Reproduce the listing below exactly, from its first line down to and including the line with "module _ (absent".

* [AVAILABLE RECORDS]:
------------------------------------------------------------

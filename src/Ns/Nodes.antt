-- ===== src/Ns/Nodes.antt =====
-- `node_get` of src/ns.c, and the write of a node's table.
use qrtr.Base.{
  ℕ, ◌<◌, ◌≡◌, ◌≢◌, refl, sym, ap, ◌∙◌, inl, inr, true, false, Option, none, some, arith, ◌==◌,
  Bool-cases, Option-cases, u32_mod,
}
use qrtr.Hash.{hash_u32, hash_u32_injective}
use qrtr.Map.{Map, done, no_memory, map_get, map_put, map_reput, map_update}
use qrtr.Map.Reput.{reput_cases, Puts-Updates, Updates}
use qrtr.Map.Update.{update-Changes}
use qrtr.Map.Round.{IsTombless}
use qrtr.Ns.State.{Server, Node, Ns, Env}
use qrtr.Ns.Registry.{new_node, node_get, services_in, services_of, set_services}
use qrtr.Ns.Invariant.{IsServices, IsRegistry, IsSane, Frame, Frame-refl}

-- What `node_get` does: no server of any node changes, and a node that is returned is in the map.
pub record Gets (ns : Ns) (node_id : ℕ) (ns' : Ns) (o : Option Node) : Type 0 where
  pub registry : IsRegistry ns'
  pub frame : Frame ns ns'
  pub same : (j : ℕ) → services_of ns' j ≡ services_of ns j
  pub held : (node : Node) → o ≡ some node → map_get ns'.nodes (hash_u32 node_id) ≡ some node

module _ (env : Env) (ns : Ns) (node_id : ℕ) (r : IsRegistry ns) where
  unchanged :
      (o : Option Node)
      → ((node : Node) → o ≡ some node → map_get ns.nodes (hash_u32 node_id) ≡ some node)
      → Gets ns node_id ns o
  unchanged o h = record { registry = r; frame = Frame-refl ns; same = λ j. refl; held = h }

  module _ (absent : map_get ns.nodes (hash_u32 node_id) ≡ none) (small : node_id < u32_mod)
      (m : Map Node) (u : Updates ns.nodes (hash_u32 node_id) (new_node node_id) m) where
    added : Ns
    added = record ns { nodes = m }

    added-same : (j : ℕ) → services_of (record ns { nodes = m }) j ≡ services_of ns j
    added-same j = elim (Bool-cases (hash_u32 j == hash_u32 node_id)) [
      | inl e ↦
          let same : hash_u32 j ≡ hash_u32 node_id = ground arith in
          rw (same, u.reads (hash_u32 node_id), absent)
            (let t : (hash_u32 node_id == hash_u32 node_id) ≡ true = ground arith in rw t)
      | inr e ↦ rw (u.reads (hash_u32 j), e)
    ]

    added-ids :
        (key : ℕ) (node : Node)
        → map_get m key ≡ some node
        → (node.id < u32_mod) × (key ≡ hash_u32 node.id)
    added-ids key node e = elim (Bool-cases (key == hash_u32 node_id)) [
      | inl f ↦
          let new : some (new_node node_id) ≡ some node = rw (u.reads key, f) at e in
          let same : new_node node_id ≡ node = cc in rw (← same) (small, ground arith)
      | inr f ↦ r.ids key node (rw (u.reads key, f) at e)
    ]

    added-Gets : IsTombless m → Gets ns node_id (record ns { nodes = m }) (some (new_node node_id))
    added-Gets t = record {
      registry = record {
        valid = u.valid;
        distinct = u.distinct;
        tombless = t;
        ids = added-ids;
        servers = λ j h. rw (added-same j) (r.servers j h);
        observers = r.observers;
        home = r.home;
      };
      frame = record { sock = refl; local_node = refl; lookups = refl; sent = refl };
      same = added-same;
      held = λ node e.
          let t : (hash_u32 node_id == hash_u32 node_id) ≡ true = ground arith in
          rw (u.reads (hash_u32 node_id), t) e;
    }

  pub run_found :
      (node : Node)
      → map_get ns.nodes (hash_u32 node_id) ≡ some node
      → node_get env ns node_id ≡ (ns, some node)
  unfolding node_get
  run_found node e = rw (e, node_get)

  run_no_memory :
      map_get ns.nodes (hash_u32 node_id) ≡ none
      → env.calloc_node node_id ≡ false
      → node_get env ns node_id ≡ (ns, none)
  unfolding node_get
  run_no_memory e f = rw (e, node_get, f)

  run_full :
      map_get ns.nodes (hash_u32 node_id) ≡ none
      → env.calloc_node node_id ≡ true
      → map_reput env.calloc_nodes ns.nodes (hash_u32 node_id) (some (new_node node_id))
        ≡ no_memory ns.nodes
      → node_get env ns node_id ≡ (ns, none)
  unfolding node_get map_put
  run_full e f g = rw (e, node_get, f, g)

  run_added :
      (old : Option Node) (m : Map Node)
      → map_get ns.nodes (hash_u32 node_id) ≡ none
      → env.calloc_node node_id ≡ true
      → map_reput env.calloc_nodes ns.nodes (hash_u32 node_id) (some (new_node node_id))
        ≡ done old m
      → node_get env ns node_id ≡ (record ns { nodes = m }, some (new_node node_id))
  unfolding node_get map_put
  run_added old m e f g = rw (e, node_get, f, g)

  -- `node_get` keeps the registry, whether it finds the node, adds it, or fails.
  pub node_get-Gets :
      IsSane env
      → node_id < u32_mod
      → Gets ns node_id (node_get env ns node_id).0 (node_get env ns node_id).1
  node_get-Gets sane small = elim (Option-cases (map_get ns.nodes (hash_u32 node_id))) [
    | inr (node, e) ↦ rw (run_found node e) (unchanged (some node) (λ n f. e ∙ f))
    | inl e ↦ elim (Bool-cases (env.calloc_node node_id)) [
      | inr f ↦ rw (run_no_memory e f) (unchanged none (λ n g. absurd (cc g)))
      | inl f ↦
          elim (reput_cases env.calloc_nodes ns.nodes (hash_u32 node_id) (new_node node_id)
            sane.nodes r.valid) [
              | inr (g, _) ↦ rw (run_full e f g) (unchanged none (λ n h. absurd (cc h)))
              | inl (old, m, g, t) ↦ rw (run_added old m e f g) (
                  added-Gets e small m
                    (Puts-Updates ns.nodes (hash_u32 node_id) (new_node node_id) old m r.valid
                      r.distinct (λ p h b _. r.tombless p h) t)
                    (t.tombless r.tombless))
            ]
    ]
  ]

-- The write of a table of servers through the pointer to its node.
pub record Sets (ns : Ns) (node_id : ℕ) (m : Map Server) (ns' : Ns) : Type 0 where
  pub registry : IsRegistry ns'
  pub frame : Frame ns ns'
  pub set : services_of ns' node_id ≡ m
  pub others : (j : ℕ) → j < u32_mod → j ≢ node_id → services_of ns' j ≡ services_of ns j

module _ (ns : Ns) (node_id : ℕ) (m : Map Server) (r : IsRegistry ns) (small : node_id < u32_mod)
    (node : Node) (held : map_get ns.nodes (hash_u32 node_id) ≡ some node) where
  key : ℕ
  key = hash_u32 node_id

  write : Node → Node
  write n = record n { services = m }

  read_self :
      map_get (map_update ns.nodes (hash_u32 node_id) write) (hash_u32 node_id) ≡ some (write node)
  read_self =
      let u = update-Changes ns.nodes (hash_u32 node_id) write r.valid r.distinct in
      let t : (hash_u32 node_id == hash_u32 node_id) ≡ true = ground arith in
      rw (u.reads (hash_u32 node_id), t, held)

  read_other :
      (k : ℕ)
      → k ≢ hash_u32 node_id
      → map_get (map_update ns.nodes (hash_u32 node_id) write) k ≡ map_get ns.nodes k
  read_other k ne =
      let u = update-Changes ns.nodes (hash_u32 node_id) write r.valid r.distinct in
      let t : (k == hash_u32 node_id) ≡ false = ground arith in rw (u.reads k, t)

  set-others :
      (j : ℕ)
      → j < u32_mod
      → j ≢ node_id
      → services_of (set_services ns node_id m) j ≡ services_of ns j
  unfolding write
  set-others j h ne =
      ap services_in (read_other (hash_u32 j) (λ e. ne (hash_u32_injective j node_id h small e)))

  set-ids :
      (k : ℕ) (n : Node)
      → map_get (map_update ns.nodes (hash_u32 node_id) write) k ≡ some n
      → (n.id < u32_mod) × (k ≡ hash_u32 n.id)
  unfolding write
  set-ids k n e = elim (Bool-cases (k == hash_u32 node_id)) [
    | inl f ↦
        let same : k ≡ hash_u32 node_id = ground arith in
        let new : some (write node) ≡ some n = sym read_self ∙ (rw same at e) in
        let old = r.ids (hash_u32 node_id) node held in
        let n_new : write node ≡ n = cc in rw (← n_new, same) old
    | inr f ↦ r.ids k n (sym (read_other k (ground arith)) ∙ e)
  ]

  pub set_services-Sets : IsServices node_id m → Sets ns node_id m (set_services ns node_id m)
  unfolding write
  set_services-Sets good =
      let u = update-Changes ns.nodes (hash_u32 node_id) write r.valid r.distinct in
      record {
        registry = record {
          valid = u.valid;
          distinct = u.distinct;
          tombless = u.tombless r.tombless;
          ids = set-ids;
          servers = λ j h. elim (Bool-cases (j == node_id)) [
            | inl e ↦ let same : j ≡ node_id = ground arith in rw (same, read_self) good
            | inr e ↦ rw (set-others j h (ground arith)) (r.servers j h)
          ];
          observers = r.observers;
          home = r.home;
        };
        frame = record { sock = refl; local_node = refl; lookups = refl; sent = refl };
        set = ap services_in read_self;
        others = set-others;
      }
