-- ===== src/Ns/Servers.antt =====
-- `server_add` of src/ns.c.
use qrtr.Base.{
  ℕ, ◌<◌, ◌≡◌, ◌≢◌, refl, sym, ap, ◌∙◌, inl, inr, true, false, ◌||◌, Option, none, some, arith,
  ◌==◌, Bool-cases, Option-cases, u32_mod,
}
use qrtr.Hash.{hash_u32}
use qrtr.Map.{Map, done, no_memory, map_reput}
use qrtr.Map.Reput.{reput_cases, Puts}
use qrtr.Ns.State.{Server, Node, Ns, Env}
use qrtr.Ns.Registry.{node_get, services_of, services_in, set_services, server_add}
use qrtr.Ns.Invariant.{IsServices, IsRegistry, IsSane, Frame, Frame-refl}
use qrtr.Ns.Nodes.{Gets, node_get-Gets, set_services-Sets}

abbrev pub the_server : ℕ → ℕ → ℕ → ℕ → Server
the_server service inst node_id port = record {
  service = service;
  inst = inst;
  node = node_id;
  port = port;
}

-- What `server_add` does: only the table of the node changes, by a put under the hash of the port.
pub record Adds (ns : Ns) (srv : Server) (ns' : Ns) (o : Option Server) : Type 0 where
  pub registry : IsRegistry ns'
  pub frame : Frame ns ns'
  pub others : (j : ℕ) → j < u32_mod → j ≢ srv.node → services_of ns' j ≡ services_of ns j
  pub stored :
      (s : Server)
      → o ≡ some s
      → (s ≡ srv)
        × (old : Option Server) × Puts
            (services_of ns srv.node)
            (hash_u32 srv.port)
            srv
            old
            (services_of ns' srv.node)
  pub failed : o ≡ none → (j : ℕ) → j < u32_mod → services_of ns' j ≡ services_of ns j

Puts-IsServices :
    (node_id : ℕ) (m m' : Map Server) (srv : Server) (old : Option Server)
    → srv.service ≢ 0
    → srv.port ≢ 0
    → srv.node ≡ node_id
    → IsServices node_id m
    → Puts m (hash_u32 srv.port) srv old m'
    → IsServices node_id m'
Puts-IsServices node_id m m' srv old hs hp hn good t = record {
  valid = t.valid;
  mine = λ q key s h. elim (t.origin key s (q, h)) [
    | inl (e, f) ↦ rw (e, f) (record { keyed = refl; placed = hn; has_service = hs; has_port = hp })
    | inr (p, g) ↦ good.mine p key s g
  ];
}

module _ (env : Env) (ns : Ns) (service inst node_id port : ℕ) (sane : IsSane env)
    (r : IsRegistry ns) (small : node_id < u32_mod) where
  srv : Server
  srv = the_server service inst node_id port

  got : Gets ns node_id (node_get env ns node_id).0 (node_get env ns node_id).1
  got = node_get-Gets env ns node_id r sane small

  not_added :
      (ns' : Ns)
      → IsRegistry ns'
      → Frame ns ns'
      → ((j : ℕ) → j < u32_mod → services_of ns' j ≡ services_of ns j)
      → Adds ns (the_server service inst node_id port) ns' none
  not_added ns' r' f same = record {
    registry = r';
    frame = f;
    others = λ j h _. same j h;
    stored = λ s e. absurd (cc e);
    failed = λ _. same;
  }

  refused :
      ((service == 0) || (port == 0)) ≡ true
      → server_add env ns service inst node_id port ≡ (ns, none)
  unfolding server_add
  refused e = rw e

  no_server :
      ((service == 0) || (port == 0)) ≡ false
      → env.calloc_server ≡ false
      → server_add env ns service inst node_id port ≡ (ns, none)
  unfolding server_add
  no_server e f = rw (e, f)

  no_node :
      ((service == 0) || (port == 0)) ≡ false
      → env.calloc_server ≡ true
      → (node_get env ns node_id).1 ≡ none
      → server_add env ns service inst node_id port ≡ ((node_get env ns node_id).0, none)
  unfolding server_add
  no_node e f g = rw (e, g, f)

  no_room :
      (node : Node) (m : Map Server)
      → ((service == 0) || (port == 0)) ≡ false
      → env.calloc_server ≡ true
      → (node_get env ns node_id).1 ≡ some node
      → map_reput env.calloc_services node.services
          (hash_u32 port)
          (some (the_server service inst node_id port))
        ≡ no_memory m
      → server_add env ns service inst node_id port
        ≡ (set_services (node_get env ns node_id).0 node_id m, none)
  unfolding server_add
  no_room node m e f g h = rw (e, g, h, f)

  added :
      (node : Node) (old : Option Server) (m : Map Server)
      → ((service == 0) || (port == 0)) ≡ false
      → env.calloc_server ≡ true
      → (node_get env ns node_id).1 ≡ some node
      → map_reput env.calloc_services node.services
          (hash_u32 port)
          (some (the_server service inst node_id port))
        ≡ done old m
      → server_add env ns service inst node_id port ≡ (
        set_services (node_get env ns node_id).0 node_id m,
        some (the_server service inst node_id port),
      )
  unfolding server_add
  added node old m e f g h = rw (e, g, h, f)

  nonzero : (a b : ℕ) → ((a == 0) || (b == 0)) ≡ false → (a ≢ 0) × (b ≢ 0)
  nonzero a b e = (ground arith, ground arith)

  gained :
      (node : Node)
      → ((service == 0) || (port == 0)) ≡ false
      → env.calloc_server ≡ true
      → (node_get env ns node_id).1 ≡ some node
      → Adds ns
          (the_server service inst node_id port)
          (server_add env ns service inst node_id port).0
          (server_add env ns service inst node_id port).1
  gained node e f g =
      let ns' = (node_get env ns node_id).0 in
      let held = got.held node g in
      let table : services_of ns' node_id ≡ node.services = ap services_in held in
      let old_table : node.services ≡ services_of ns node_id = sym table ∙ got.same node_id in
      let good : IsServices node_id node.services = rw old_table (r.servers node_id small) in
      let put =
        reput_cases env.calloc_services node.services (hash_u32 port)
          (the_server service inst node_id port) sane.services good.valid in
      elim put [
        | inr (h, _) ↦
            let t = set_services-Sets ns' node_id node.services got.registry small node held good in
            rw (no_room node node.services e f g h) (
              not_added (set_services ns' node_id node.services) t.registry (then_frame t.frame)
                (λ j hj. elim (Bool-cases (j == node_id)) [
                  | inl q ↦ let x : j ≡ node_id = ground arith in rw x (t.set ∙ old_table)
                  | inr q ↦ t.others j hj (ground arith) ∙ got.same j
                ]))
        | inl (old, m, h, u) ↦
            let new =
              Puts-IsServices node_id node.services m (the_server service inst node_id port) old
                (nonzero service port e).0 (nonzero service port e).1 refl good u in
            let t = set_services-Sets ns' node_id m got.registry small node held new in
            rw (added node old m e f g h) (record {
              registry = t.registry;
              frame = then_frame t.frame;
              others = λ j hj ne. t.others j hj ne ∙ got.same j;
              stored = λ s q. (cc q, old, rw (← old_table, t.set) u);
              failed = λ q. absurd (cc q);
            })
      ]
    where
      then_frame : {ns'' : Ns} → Frame (node_get env ns node_id).0 ns'' → Frame ns ns''
      then_frame f = record {
        sock = f.sock ∙ got.frame.sock;
        local_node = f.local_node ∙ got.frame.local_node;
        lookups = f.lookups ∙ got.frame.lookups;
        sent = f.sent ∙ got.frame.sent;
      }

  -- In a valid registry, where the allocator gives no table of 2 ^ 31 entries, server_add on a
  -- 32-bit node leaves a valid registry and changes no packet, lookup or table of another 32-bit
  -- node; if it returns a server, that is the one asked for and it was put under the hash of its
  -- port into the table of the node, and if it returns none then no table changed.
  pub server_add-Adds :
      Adds ns
        (the_server service inst node_id port)
        (server_add env ns service inst node_id port).0
        (server_add env ns service inst node_id port).1
  server_add-Adds = elim (Bool-cases ((service == 0) || (port == 0))) [
    | inl e ↦ rw (refused e) (not_added ns r (Frame-refl ns) (λ j h. refl))
    | inr e ↦ elim (Bool-cases env.calloc_server) [
      | inr f ↦ rw (no_server e f) (not_added ns r (Frame-refl ns) (λ j h. refl))
      | inl f ↦ elim (Option-cases (node_get env ns node_id).1) [
        | inl g ↦
            rw (no_node e f g)
              (not_added (node_get env ns node_id).0 got.registry got.frame (λ j h. got.same j))
        | inr (node, g) ↦ gained node e f g
      ]
    ]
  ]
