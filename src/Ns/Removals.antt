-- ===== src/Ns/Removals.antt =====
-- `server_del` of src/ns.c.
use qrtr.Base.{
  ℕ, ◌<◌, ◌≡◌, ◌≢◌, refl, sym, ap, ◌∙◌, inl, inr, false, none, some, List, ◌∷◌, ◌==◌, if◌then◌else◌,
  Bool-cases, Option-cases, u32_mod,
}
use qrtr.Hash.{hash_u32}
use qrtr.Map.{Map, map_create, map_get, map_remove}
use qrtr.Map.Remove.{remove-Removes, remove_missing, get_create}
use qrtr.Ns.State.{
  Server, Node, Ns, Env, ok, enoent, Message, bcast_sq, emit, announce_msg, service_announce_del,
}
use qrtr.Packet.{type_del_server}
use qrtr.Ns.Registry.{services_of, services_in, set_services, server_del}
use qrtr.Ns.Notices.{sending, sending-emit, observer_msgs, notify_observers-sending}
use qrtr.Ns.Invariant.{IsServices, IsRegistry}
use qrtr.Ns.Nodes.{set_services-Sets}

-- What `server_del` does: the table of the node loses the port, and nothing else changes but the
-- packets sent.
pub record Deletes (env : Env) (ns : Ns) (node_id port : ℕ) (ns' : Ns) : Type 0 where
  pub registry : IsRegistry ns'
  pub sock : ns'.sock ≡ ns.sock
  pub local_node : ns'.local_node ≡ ns.local_node
  pub lookups : ns'.lookups ≡ ns.lookups
  pub removed : services_of ns' node_id ≡ (map_remove (services_of ns node_id) (hash_u32 port)).0
  pub others : (j : ℕ) → j < u32_mod → j ≢ node_id → services_of ns' j ≡ services_of ns j

-- The packets that tell of the removal of a server: a broadcast if it is local, and one to each
-- observer whose lookup covers it.
abbrev pub removal_msgs : Env → Ns → Server → List Message
removal_msgs env ns srv =
    let told = observer_msgs env srv false ns.lookups in
    if srv.node == ns.local_node then announce_msg env type_del_server bcast_sq srv ∷ told else told

module _ (env : Env) (ns : Ns) (node_id port : ℕ) where
  pub del_missing :
      map_get (services_of ns node_id) (hash_u32 port) ≡ none
      → server_del env ns node_id port ≡ (ns, enoent)
  unfolding server_del
  del_missing e = rw (e, server_del)

  pub del_found :
      (srv : Server)
      → map_get (services_of ns node_id) (hash_u32 port) ≡ some srv
      → server_del env ns node_id port ≡ (
        sending
            (set_services ns node_id (map_remove (services_of ns node_id) (hash_u32 port)).0)
            (removal_msgs env ns srv),
        ok 0,
      )
  unfolding server_del service_announce_del
  del_found srv e =
      let kept = (map_remove (services_of ns node_id) (hash_u32 port)).0 in
      rw (e, server_del)
        (elim (Bool-cases (srv.node == ns.local_node)) [
          | inr f ↦ rw f (
              ap (λ n. (n, ok 0))
                (notify_observers-sending env (set_services ns node_id kept) srv false ns.lookups))
          | inl f ↦
              let m = announce_msg env type_del_server bcast_sq srv in
              rw f (
                ap (λ n. (n, ok 0))
                  (notify_observers-sending env (emit (set_services ns node_id kept) m) srv false
                      ns.lookups
                    ∙ sending-emit (set_services ns node_id kept) m
                        (observer_msgs env srv false ns.lookups)))
        ])

  remove-IsServices :
      (m : Map Server) (k : ℕ) → IsServices node_id m → IsServices node_id (map_remove m k).0
  remove-IsServices m k good =
      let t = remove-Removes m k good.valid in
      record { valid = t.valid; mine = λ q key s h. good.mine q key s (t.kept q key s h) }

  module _ (r : IsRegistry ns) (small : node_id < u32_mod) where
    found_node :
        (srv : Server)
        → map_get (services_of ns node_id) (hash_u32 port) ≡ some srv
        → (node : Node) × (map_get ns.nodes (hash_u32 node_id) ≡ some node)
    found_node srv e = elim (Option-cases (map_get ns.nodes (hash_u32 node_id))) [
      | inr h ↦ h
      | inl h ↦
          let void : services_of ns node_id ≡ map_create = ap services_in h in
          absurd (cc (rw void at e, get_create {A = Server} (hash_u32 port)))
    ]

    -- In a valid registry server_del on a 32-bit node removes the port from the table of that node,
    -- keeps the socket, the local node, the lookups and the tables of every other 32-bit node, and
    -- leaves a valid registry, whether the port was there or not.
    pub server_del-Deletes : Deletes env ns node_id port (server_del env ns node_id port).0
    server_del-Deletes = elim (Option-cases (map_get (services_of ns node_id) (hash_u32 port))) [
      | inl e ↦ rw (del_missing e) (record {
        registry = r;
        sock = refl;
        local_node = refl;
        lookups = refl;
        removed = sym (
            remove_missing (services_of ns node_id) (hash_u32 port) (r.servers node_id small).valid
              e);
        others = λ j h ne. refl;
      })
      | inr (srv, e) ↦
          let (node, held) = found_node srv e in
          let t =
            set_services-Sets ns node_id (map_remove (services_of ns node_id) (hash_u32 port)).0 r
              small node held
              (remove-IsServices (services_of ns node_id) (hash_u32 port)
                (r.servers node_id small)) in
          rw (del_found srv e) (record {
            registry = record {
              valid = t.registry.valid;
              distinct = t.registry.distinct;
              tombless = t.registry.tombless;
              ids = t.registry.ids;
              servers = t.registry.servers;
              observers = t.registry.observers;
              home = t.registry.home;
            };
            sock = refl;
            local_node = refl;
            lookups = refl;
            removed = t.set;
            others = t.others;
          })
    ]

------------------------------------------------------------

* [ANSWER SECTION]:
filename src/Ns/Nodes.antt
-- ===== src/Ns/Nodes.antt =====
-- `node_get` of src/ns.c, and the write of a node's table.
use qrtr.Base.{
  ℕ, ◌<◌, ◌≡◌, ◌≢◌, refl, sym, ap, ◌∙◌, inl, inr, true, false, Option, none, some, arith, ◌==◌,
  Bool-cases, Option-cases, u32_mod,
}
use qrtr.Hash.{hash_u32, hash_u32_injective}
use qrtr.Map.{Map, done, no_memory, map_get, map_put, map_reput, map_update}
use qrtr.Map.Reput.{reput_cases, Puts-Updates, Updates}
use qrtr.Map.Update.{update-Changes}
use qrtr.Map.Round.{IsTombless}
use qrtr.Ns.State.{Server, Node, Ns, Env}
use qrtr.Ns.Registry.{new_node, node_get, services_in, services_of, set_services}
use qrtr.Ns.Invariant.{IsServices, IsRegistry, IsSane, Frame, Frame-refl}

-- What `node_get` does: no server of any node changes, and a node that is returned is in the map.
pub record Gets (ns : Ns) (node_id : ℕ) (ns' : Ns) (o : Option Node) : Type 0 where
  pub registry : IsRegistry ns'
  pub frame : Frame ns ns'
  pub same : (j : ℕ) → services_of ns' j ≡ services_of ns j
  pub held : (node : Node) → o ≡ some node → map_get ns'.nodes (hash_u32 node_id) ≡ some node

module _ (env : Env) (ns : Ns) (node_id : ℕ) (r : IsRegistry ns) where
  unchanged :
      (o : Option Node)
      → ((node : Node) → o ≡ some node → map_get ns.nodes (hash_u32 node_id) ≡ some node)
      → Gets ns node_id ns o
  unchanged o h = record { registry = r; frame = Frame-refl ns; same = λ j. refl; held = h }

  module _ (absent : map_get ns.nodes (hash_u32 node_id) ≡ none) (small : node_id < u32_mod)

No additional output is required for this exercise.